_Task description_. Please report every line in the entries that contains the string "arith".

----- Data records

-- ===== src/StateMachine/Reach.antt =====
-- Sequences of transitions.
use responsibility_pathway_r.Prelude.{◌≡◌, refl, ◌⊎◌, inl, inr, true, arith}
use responsibility_pathway_r.Models.{
  PathwayState, running, write_status_unknown, repair_required, completed,
}
use responsibility_pathway_r.StateMachine.{terminal_states, is_member}
use responsibility_pathway_r.StateMachine.Edge.{
  ◌⟶◌, proposed_awaiting_approval, write_status_unknown_completed,
  write_status_unknown_repair_required,
}

infix 40 ◌⟶*◌
pub data ◌⟶*◌ (s : PathwayState) : PathwayState → Type 0 where
  here : s ⟶* s
  next : {t u : PathwayState} → s ⟶* t → t ⟶ u → s ⟶* u

pub reach_trans : {s t u : PathwayState} → s ⟶* t → t ⟶* u → s ⟶* u
reach_trans r here = r
reach_trans r (next q e) = next (reach_trans r q) e

terminal_no_edge : {s t : PathwayState} → s ⟶ t → is_member s terminal_states ≡ true → ⊥
unfolding is_member terminal_states
terminal_no_edge proposed_awaiting_approval h = cc
terminal_no_edge _ h = cc

-- From a state of `TERMINAL_STATES` no sequence of transitions leads to another state.
pub terminal_absorbs : {s t : PathwayState} → is_member s terminal_states ≡ true → s ⟶* t → t ≡ s
terminal_absorbs h here = refl
terminal_absorbs h (next r e) = absurd (terminal_no_edge e (rw (terminal_absorbs h r) h))

-- The states that a sequence of transitions enters.
abbrev pub Visits : PathwayState → {s t : PathwayState} → s ⟶* t → Type 0
Visits v here = ⊥
Visits v (next {u = u} r e) = Visits v r ⊎ (u ≡ v)

pub after_unknown :
    {s t : PathwayState}
    → s ⟶ t
    → (s ≡ write_status_unknown) ⊎ (s ≡ completed)
    → (t ≡ completed) ⊎ (t ≡ repair_required)
after_unknown write_status_unknown_completed h = inl refl
after_unknown write_status_unknown_repair_required h = inr refl
after_unknown proposed_awaiting_approval h = ground arith
after_unknown _ h = ground arith

-- Where an unknown write stands until a repair is required.
unknown_path :
    {s t : PathwayState} (r : s ⟶* t)
    → s ≡ write_status_unknown
    → ((t ≡ write_status_unknown) ⊎ (t ≡ completed)) ⊎ Visits repair_required r
unknown_path here h = inl (inl h)
unknown_path (next r e) h = elim (unknown_path r h) [
  | inl at ↦ elim (after_unknown e at) [ inl c ↦ inl (inr c) | inr q ↦ inr (inr q) ]
  | inr v ↦ inr (inl v)
]

-- A write whose outcome is unknown is dispatched again only after a repair was required: every
-- sequence of transitions from `write_status_unknown` to `running` enters `repair_required`.
pub unknown_needs_repair :
    {s t : PathwayState} (r : s ⟶* t)
    → s ≡ write_status_unknown
    → t ≡ running
    → Visits repair_required r
unknown_needs_repair r h k = elim (unknown_path r h) [
  | inl (inl p) ↦ absurd (ground arith)
  | inl (inr p) ↦ absurd (ground arith)
  | inr v ↦ v
]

----------

_Reply to the exercise_.
use responsibility_pathway_r.Prelude.{◌≡◌, refl, ◌⊎◌, inl, inr, true, arith}
after_unknown proposed_awaiting_approval h = ground arith
after_unknown _ h = ground arith
  | inl (inl p) ↦ absurd (ground arith)
  | inl (inr p) ↦ absurd (ground arith)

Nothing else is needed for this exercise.